# ASSIGNMENT:
Go through the data below and gather each line containing "Option".

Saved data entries
- Opening Delimiter -

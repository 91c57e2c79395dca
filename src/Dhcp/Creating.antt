-- ===== src/Dhcp/Creating.antt =====
-- dhcp.c, `DhcpCreate` and `DhcpInit`: the two addresses that a new network holds.
use mathlib.Core.Path.{subst}
use native.Mathlib.Decide.{dec_lt}
use daher_repo.Prelude.{
  ℕ, zero, suc, ◌+◌, ◌-◌, ◌*◌, ◌%◌, ◌^◌, ◌≤◌, ◌<◌, ◌≡◌, ◌∙◌, refl, sym, ap, Bool, true, false, ◌&&◌,
  ◌||◌, ◌==◌, Option, none, some, if◌then◌else◌, arith, inl, inr, sub_word,
}
use daher_repo.Dhcp.{
  Dhcp, Node, null, node, zeroth, first, is_null, is_full_node, value_of, direction_of, zero_spine,
  one_spine, init, dhcp_create,
}
use daher_repo.Dhcp.Bits.{low_bits, low_below, power_suc, power_pos}
use daher_repo.Dhcp.Trie.{is_taken, is_taken_at, IsTrie, side}
use daher_repo.Dhcp.Network.{IsDhcp, has, width}

low_zeroth : (j k : ℕ) → direction_of j k ≡ zeroth → j % 2 ^ suc k ≡ j % 2 ^ k
low_zeroth j k e =
    low_bits j k ∙ ap (λ d. j % 2 ^ k + 2 ^ k * value_of d) e ∙ plain (j % 2 ^ k) (2 ^ k)
  where
    plain : (x w : ℕ) → x + w * 0 ≡ x
    plain x w = omega arith

low_first : (j k : ℕ) → direction_of j k ≡ first → j % 2 ^ suc k ≡ j % 2 ^ k + 2 ^ k
low_first j k e =
    low_bits j k ∙ ap (λ d. j % 2 ^ k + 2 ^ k * value_of d) e ∙ plain (j % 2 ^ k) (2 ^ k)
  where
    plain : (x w : ℕ) → x + w * 1 ≡ x + w
    plain x w = omega arith

-- A spine with memory: one leaf, and the address of it.
abbrev Spine : Option Node → ℕ → (ℕ → Bool) → Type 0
Spine o k p =
    (t : Node) × (o ≡ some t)
    × IsTrie k t
    × (is_null t ≡ false)
    × (is_full_node t ≡ (k == 0))
    × ((j : ℕ) → is_taken t j k ≡ p j)

is_taken_null : (j k : ℕ) → is_taken null j k ≡ false
unfolding is_taken
is_taken_null j k = refl

not_zero : (k : ℕ) → (suc k == 0) ≡ false
not_zero k = ground arith

zero_spine_lem :
    (memory : ℕ → Bool) (k : ℕ)
    → ((m : ℕ) → memory m ≡ true)
    → Spine (zero_spine memory k) k (λ j. j % 2 ^ k == 0)
unfolding zero_spine
zero_spine_lem memory zero h =
    (node null null true, rw (h 0) refl, (refl, refl), refl, refl, (λ j. unfold is_taken in only j))
  where
    only : (j : ℕ) → true ≡ (j % 2 ^ 0 == 0)
    only j = ground arith
zero_spine_lem memory (suc k) h =
    let (t, run, w, there, full, taken) = zero_spine_lem memory k h in
    (
      node t null false,
      rw (h (suc k), run) refl,
      (w, tt, sym (none_full (is_full_node t))),
      refl,
      sym (not_zero k),
      (λ j. elim (side (direction_of j k)) [
        | inl z ↦
            is_taken_at t null false j k zeroth z
            ∙ taken j
            ∙ ap (λ x. x == 0) (sym (low_zeroth j k z))
        | inr o ↦
            is_taken_at t null false j k first o
            ∙ is_taken_null j k
            ∙ above (j % 2 ^ suc k) (j % 2 ^ k) (2 ^ k) (low_first j k o) (power_pos k)
      ]),
    )
  where
    none_full : (b : Bool) → (b && false) ≡ false
    none_full true = refl
    none_full false = refl

    above : (x y w : ℕ) → x ≡ y + w → 0 < w → false ≡ (x == 0)
    above x y w e p = ground arith

one_spine_lem :
    (memory : ℕ → Bool) (k : ℕ)
    → ((m : ℕ) → memory m ≡ true)
    → Spine (one_spine memory k) k (λ j. j % 2 ^ k == 2 ^ k - 1)
unfolding one_spine
one_spine_lem memory zero h =
    (node null null true, rw (h 0) refl, (refl, refl), refl, refl, (λ j. unfold is_taken in only j))
  where
    only : (j : ℕ) → true ≡ (j % 2 ^ 0 == 2 ^ 0 - 1)
    only j = ground arith
one_spine_lem memory (suc k) h =
    let (t, run, w, there, full, taken) = one_spine_lem memory k h in
    (
      node null t false,
      rw (h (suc k), run) refl,
      (tt, w, refl),
      refl,
      sym (not_zero k),
      (λ j. elim (side (direction_of j k)) [
        | inl z ↦
            is_taken_at null t false j k zeroth z
            ∙ is_taken_null j k
            ∙ below (j % 2 ^ suc k) (j % 2 ^ k) (2 ^ k) (2 ^ suc k) (low_zeroth j k z) (power_suc k)
                (low_below j k)
        | inr o ↦
            is_taken_at null t false j k first o
            ∙ taken j
            ∙ upper (j % 2 ^ suc k) (j % 2 ^ k) (2 ^ k) (2 ^ suc k) (low_first j k o) (power_suc k)
                (power_pos k)
      ]),
    )
  where
    below : (x y w v : ℕ) → x ≡ y → v ≡ w + w → y < w → false ≡ (x == v - 1)
    below x y w v e d h = ground arith

    upper : (x y w v : ℕ) → x ≡ y + w → v ≡ w + w → 0 < w → (y == w - 1) ≡ (x == v - 1)
    upper x y w v e d h = ground arith

init_lem :
    (zeros ones : ℕ → Bool) (k : ℕ)
    → ((m : ℕ) → zeros m ≡ true)
    → ((m : ℕ) → ones m ≡ true)
    → (t : Node) × (init zeros ones (suc (suc k)) ≡ some t)
      × IsTrie (suc (suc k)) t
      × (is_null t ≡ false)
      × ((j : ℕ)
          → is_taken t j (suc (suc k))
            ≡ ((j % 2 ^ suc (suc k) == 0) || (j % 2 ^ suc (suc k) == 2 ^ suc (suc k) - 1)))
unfolding init
init_lem zeros ones k h i =
    let (z, run_z, w_z, there_z, full_z, taken_z) = zero_spine_lem zeros (suc k) h in
    let (o, run_o, w_o, there_o, full_o, taken_o) = one_spine_lem ones (suc k) i in
    (
      node z o false,
      rw (run_z, run_o) refl,
      (w_z, w_o, sym (ap (λ x. x && is_full_node o) (full_z ∙ not_zero k))),
      refl,
      (λ j. elim (side (direction_of j (suc k))) [
        | inl e ↦
            is_taken_at z o false j (suc k) zeroth e
            ∙ taken_z j
            ∙ at_zero (j % 2 ^ suc (suc k)) (j % 2 ^ suc k) (2 ^ suc k) (2 ^ suc (suc k))
                (low_zeroth j (suc k) e) (power_suc (suc k)) (low_below j (suc k))
        | inr e ↦
            is_taken_at z o false j (suc k) first e
            ∙ taken_o j
            ∙ at_end (j % 2 ^ suc (suc k)) (j % 2 ^ suc k) (2 ^ suc k) (2 ^ suc (suc k))
                (low_first j (suc k) e) (power_suc (suc k)) (power_pos (suc k))
      ]),
    )
  where
    at_zero : (x y w v : ℕ) → x ≡ y → v ≡ w + w → y < w → (y == 0) ≡ ((x == 0) || (x == v - 1))
    at_zero x y w v e d h = ground arith

    at_end :
        (x y w v : ℕ) → x ≡ y + w → v ≡ w + w → 0 < w → (y == w - 1) ≡ ((x == 0) || (x == v - 1))
    at_end x y w v e d h = ground arith

-- With memory, `DhcpCreate` of a network of 2 to 32 host bits makes one with right flags in which the
-- first and the last address are taken, and no other.
pub dhcp_create_lem :
    (zeros ones : ℕ → Bool) (sub_net network : ℕ)
    → ((m : ℕ) → zeros m ≡ true)
    → ((m : ℕ) → ones m ≡ true)
    → network ≤ 30
    → (d : Dhcp) × (dhcp_create true true zeros ones sub_net network ≡ some (some d))
      × IsDhcp d
      × (width d ≡ 32 - network)
      × (d.sub_net ≡ sub_net)
      × ((j : ℕ) → has d j ≡ ((j % 2 ^ width d == 0) || (j % 2 ^ width d == 2 ^ width d - 1)))
unfolding dhcp_create
dhcp_create_lem zeros ones sub_net network h i few =
    let bits : sub_word 32 network ≡ 32 - network = omega (arith, few) in
    let shape : 32 - network ≡ suc (suc (30 - network)) = omega (arith, few) in
    let (t, run, w, there, taken) =
      subst
        (λ n.
          (t : Node) × (init zeros ones n ≡ some t)
          × IsTrie n t
          × (is_null t ≡ false)
          × ((j : ℕ) → is_taken t j n ≡ ((j % 2 ^ n == 0) || (j % 2 ^ n == 2 ^ n - 1))))
        (sym shape) (init_lem zeros ones (30 - network) h i) in
    (
      record { root = t; num_of_bits_for_network = network; sub_net = sub_net },
      rw (bits, run) refl,
      record { hosts = omega (arith, few); trie = w; there = there },
      refl,
      refl,
      taken,
    )

zero_spine_null :
    (memory : ℕ → Bool) (k m : ℕ) → m ≤ k → memory m ≡ false → zero_spine memory k ≡ none
unfolding zero_spine
zero_spine_null memory zero m h e = rw (ap memory (bottom m h) ∙ e) refl
  where
    bottom : (m : ℕ) → m ≤ 0 → 0 ≡ m
    bottom m h = omega (arith, h)
zero_spine_null memory (suc k) m h e = elim (dec_lt m (suc k)) [
  | yes l ↦
      rw (zero_spine_null memory k m (omega (arith, l)) e) (none_either (memory (suc k)) none refl)
  | no g ↦ let top : suc k ≡ m = omega (arith, g, h) in rw (ap memory top ∙ e) refl
]
  where
    none_either : (b : Bool) (x : Option Node) → x ≡ none → (if b then x else none) ≡ none
    none_either true x e = e
    none_either false x e = refl

-- `DhcpCreate` of a network with host bits reads a null pointer when a `malloc` for the zero spine
-- fails: the test for it comes after the reads.
pub dhcp_create_null :
    (zeros ones : ℕ → Bool) (sub_net network m : ℕ)
    → network < 32
    → m + network < 32
    → zeros m ≡ false
    → dhcp_create true true zeros ones sub_net network ≡ none
unfolding dhcp_create init
dhcp_create_null zeros ones sub_net network m h inside e =
    let bits : sub_word 32 network ≡ suc (31 - network) = omega (arith, h) in
    rw (bits, zero_spine_null zeros (31 - network) m (omega (arith, inside)) e) refl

- Closing Delimiter -

# OUTPUT FOR THIS EXERCISE:
  ◌||◌, ◌==◌, Option, none, some, if◌then◌else◌, arith, inl, inr, sub_word,
abbrev Spine : Option Node → ℕ → (ℕ → Bool) → Type 0
    none_either : (b : Bool) (x : Option Node) → x ≡ none → (if b then x else none) ≡ none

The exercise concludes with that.